I had left Paris late in the evening, and I spent a long, silent and snowy night in the corner of the railway carriage. I waited six mortal hours at X———, and the next afternoon I found nothing better than a farm-waggon to take me to Artigues. The plain whose furrows rose and fell by turns on either side of the road, and which I had seen long ago lying radiant in the sunshine, was now covered with a heavy veil of snow over which straggled the twisted black stems of the vines. My driver gently urged on his old horse, and we proceeded through an infinite silence broken only at intervals by the plaintive cry of a bird, sad even unto death. I murmured this prayer in my heart: “My God, God of Mercy, save me from despair and after so many transgressions, let me not commit the one sin Thou dost not forgive.” Then I saw the sun, red and rayless, blood-hued, descending on the horizon, as it were, the sacred Host, and remembering the divine Sacrifice of Calvary, I felt hope enter into my soul. For some time longer the wheels crunched the snow. At last the driver pointed with the end of his whip to the spire of Artigues as it rose like a shadow against the dull red haze.

“I say,” said the man, “are you going to stop at the presbytery? You know the curé?”

“I have known him ever since I was a child. He was my master when I was a student.”

“Is he learned in books?”

“My friend, M. Safrac, is as learned as he is good.”

“So they say. But they also say other things.”

“What do they say, my friend?”

“They say what they please, and I let them talk.”

“What more do they say?”

“Well, there are those who say he is a sorcerer, and that he can tell fortunes.”

“What nonsense!”

“For my part I keep a still tongue! But if M. Safrac is not a sorcerer and fortune-teller, why does he spend his time reading books?”

The waggon stopped in front of the presbytery.

I left the idiot, and followed the cure’s servant, who conducted me to her master in a room where the table was already laid. I found M. Safrac greatly changed in the three years since I had last seen him. His tall figure was bent He was excessively emaciated. Two piercing eyes glowed in his thin face. His nose, which seemed to have grown longer, descended over his shrunken lips. I fell into his arms.

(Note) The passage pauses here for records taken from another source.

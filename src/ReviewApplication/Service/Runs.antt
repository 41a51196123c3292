-- ===== src/ReviewApplication/Service/Runs.antt =====
-- The steps that the repository and the service take on one store, and that its rows stay valid.
use ai_data_quality_platform.Base.{String, Option, List, ℕ, ok, ◌≡◌}
use ai_data_quality_platform.Base.Assoc.{Dict}
use ai_data_quality_platform.Base.AllOf.{AllOf}
use ai_data_quality_platform.Base.Float.{Float}
use ai_data_quality_platform.EntityResolution.Models.{EntityRecord, EntityResolutionConfig}
use ai_data_quality_platform.EntityResolution.Conflicts.{TextTools}
use ai_data_quality_platform.HumanReview.Models.{HumanReviewDecision, ReviewWorkflowState}
use ai_data_quality_platform.ReviewApplication.Models.{PersistedCase}
use ai_data_quality_platform.ReviewApplication.Bundle.{Snapshot}
use ai_data_quality_platform.ReviewPersistence.Rows.{StorageTools}
use ai_data_quality_platform.ReviewPersistence.Tables.{ReviewStore}
use ai_data_quality_platform.ReviewPersistence.Registration.{register_workflow}
use ai_data_quality_platform.ReviewPersistence.Registration.Added.{HasOrderedPair}
use ai_data_quality_platform.ReviewPersistence.Registration.Validity.{
  register_workflow-StoreIsValid,
}
use ai_data_quality_platform.ReviewPersistence.Repository.Validity.{StoreIsValid}
use ai_data_quality_platform.ReviewApplication.Service.{ReviewResolutionResult, resolve_case}
use ai_data_quality_platform.ReviewApplication.Service.Refinement.{resolve_case-Refines}

module _ (texts : TextTools) (tools : StorageTools)
    (load : String → Option EntityResolutionConfig) where
  -- A registration or a resolution that succeeded, in any queue.
  pub data Step : ReviewStore → ReviewStore → Type 0 where
    registered :
        {store store' : ReviewStore} (queue : String) (state : ReviewWorkflowState)
        (records : List EntityRecord) (snapshot : Snapshot) (path : Option String) (now : String)
        (ps : List PersistedCase)
        → AllOf HasOrderedPair state.cases
        → register_workflow tools queue state records snapshot path now store ≡ ok (ps, store')
        → Step store store'
    resolved :
        {store store' : ReviewStore} (queue : String) (cached : Dict EntityResolutionConfig)
        (case_id : String) (d : HumanReviewDecision) (reviewer : Option String) (version : ℕ)
        (now : String) (result : ReviewResolutionResult)
        → resolve_case texts tools queue cached load case_id d reviewer version now store
          ≡ ok (result, store')
        → Step store store'

  -- Any number of steps, one after another.
  pub data Runs (store : ReviewStore) : ReviewStore → Type 0 where
    start : Runs store store
    followed :
        {middle after : ReviewStore} → Runs store middle → Step middle after → Runs store after

  module _
      (round : (x : Float) → tools.round_score (tools.round_score x) ≡ tools.round_score x) where
    Step-StoreIsValid :
        {store store' : ReviewStore}
        → Step store store'
        → StoreIsValid tools store
        → StoreIsValid tools store'
    Step-StoreIsValid {store} {store'}
          (registered queue state records snapshot path now ps in_order h) v =
        register_workflow-StoreIsValid tools queue state records snapshot path now store ps store'
          round in_order v h
    Step-StoreIsValid {store} {store'}
          (resolved queue cached case_id d reviewer version now result h) v =
        (resolve_case-Refines texts tools queue cached load case_id d reviewer version now store
          result store' v h).valid

    -- Registrations of ordered cases and resolutions, in whatever order and queues, keep a store valid.
    pub Runs-StoreIsValid :
        {store store' : ReviewStore}
        → Runs store store'
        → StoreIsValid tools store
        → StoreIsValid tools store'
    Runs-StoreIsValid start v = v
    Runs-StoreIsValid (followed r s) v = Step-StoreIsValid s (Runs-StoreIsValid r v)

“My father, my father,” I cried, sobbing, “I have come to you because I have sinned. My father, my dear old master, whose profound and mysterious knowledge overawed my mind, and who yet reassured it with a revelation of maternal tenderness, save your child from the brink of a precipice. O my only friend, save me; enlighten me, you my only beacon!”

He embraced me, and smiled on me with that exquisite kindness of which he had given so many proofs during my childhood, and then he stepped back, as if to see me better.

“Well, adieu!” he said, greeting me according to the custom of his country, for M. Safrac was born on the banks of the Garonne, in the home of those famous wines which seemed the symbol of his own generous and fragrant soul.

After having taught philosophy with great distinction in Bordeaux, Poitiers and Paris, he asked as his only reward the gift of a poor cure in the country where he had been born and where he wished to die. He had now been priest at Artigues for six years, and in this obscure village he practised the most humble piety and the most enlightened sciences.

“Well, adieu! my child,” he repeated. “You wrote me a letter to announce your coming which has moved me deeply. It is true, then, that you have not forgotten your old master?”

I tried to throw myself at his feet

“Save me! save me!” I stammered.

But he stopped me with a gesture at once imperious and gentle.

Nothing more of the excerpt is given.